Außerdem könnte man noch eine email an die fehlenden Leute schicken, haben ja 34 mit Ja gestimmt.
Wenn alles gelaufen ist kommen dann wieder welche einzeln an und heulen rum.


// edit -->- Markus 21.09.07
Ich bestelle jetzt mal:

M: 5 Stück
L: 15 Stück
XL: 20 Stück
XXL: 10 Stück
// -<---


----------



## maxi (20 August 2007)

Ohje 30 Euro sind 103,4 Flaschen Oettinger (a` 29cent) 

Bekommen nicht alle über 1000 Beiträge eines gesponsort?


----------



## Jelly (20 August 2007)

maxi schrieb:


> Ohje 30 Euro sind 103,4 Flaschen Oettinger (a` 29cent)
> 
> Bekommen nicht alle über 1000 Beiträge eines gesponsort?




Hey, wenn diese 103... Flaschen getrunken hast, läufst aber BITTE NICHT diesem TShirt rum, okay? Das könnt ja fürs ganze Forum peinlich werden...


----------



## maxi (20 August 2007)

Ach war das jetzt nicht so das man mit dem T Shirt auf jeden Messestand frei Sauffen darf?
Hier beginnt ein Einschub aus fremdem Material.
-- ===== src/CommandLine/Tests.antt =====
-- A command line.
use castle_plus.Prelude.{◌≡◌, refl, [], ◌∷◌, none, some, codes, equal, arith}
use castle_plus.Prelude.Decimal.{strtol}
use castle_plus.Prelude.Int.{pos, to_int}
use castle_plus.CommandLine.{Options, defaults, parse_args, set_option, set_from}
use castle_plus.CommandLine.Print.{show_options, parse_args-show_options}

abbrev options : Options
options = record defaults {
  port = 9000;
  threads = 4;
  routes_path = codes "routes.ini";
  timeout_sec = pos 5;
}

parse_args-show_options_example : parse_args (show_options options 5 30) defaults ≡ some options
parse_args-show_options_example =
    parse_args-show_options options defaults 5 30 refl refl (omega arith, omega arith) (omega arith)
      (omega arith, omega arith) (omega arith, omega arith, omega arith, omega arith)

parse_args-port : parse_args (codes "--port" ∷ codes "0" ∷ []) defaults ≡ none
unfolding parse_args set_option equal set_from strtol
parse_args-port = refl

-- A timeout of 2 ^ 32 seconds is cut to 0, which switches the timeouts off.
parse_args-timeout :
    parse_args (codes "--timeout" ∷ codes "4294967296" ∷ []) defaults
    ≡ some (record defaults { timeout_sec = pos 0 })
unfolding parse_args set_option equal set_from strtol to_int
parse_args-timeout = refl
Ich verstehe es eh noch immer ned warum die auf einen Messestand nicht immer gleich eine ordentliche Vip Bar aufstellen. Da geben die teils hunderttausende oder gar macnhe zig Millionen für den Stand aus und verschenken jeden Mist an Werbezeugs usw. 

Der Preis von 25-30 ist schon ok für ein ordentliches Polo Shirt inkl. Versand. In München zahlt man mittlerweile für ein bedrucktes cooles Tshirt (Levis, Fanatacis, Convers, etc.) auch schon 30-40 Euro. 
Doofe an Polo Shirts ist halt das sie Bügeln brauchen.


----------



## Ralle (20 August 2007)

Ich nehme 2, eins für den Tag, eins für die Nacht.


----------



## maxi (20 August 2007)

Ralle schrieb:


> Ich nehme 2, eins für den Tag, eins für die Nacht.


 
Dann nimm noch eines für die Frau, für die geilen anlässe am Abend


----------



## Ralle (20 August 2007)

maxi schrieb:


> Dann nimm noch eines für die Frau, für die geilen anlässe am Abend



Ja ja, aber gibts denn Lady-Shirts die immer _*wet*_ sind?


----------



## MatMer (20 August 2007)

Ralle schrieb:


> Ja ja, aber gibts denn Lady-Shirts die immer _*wet*_ sind?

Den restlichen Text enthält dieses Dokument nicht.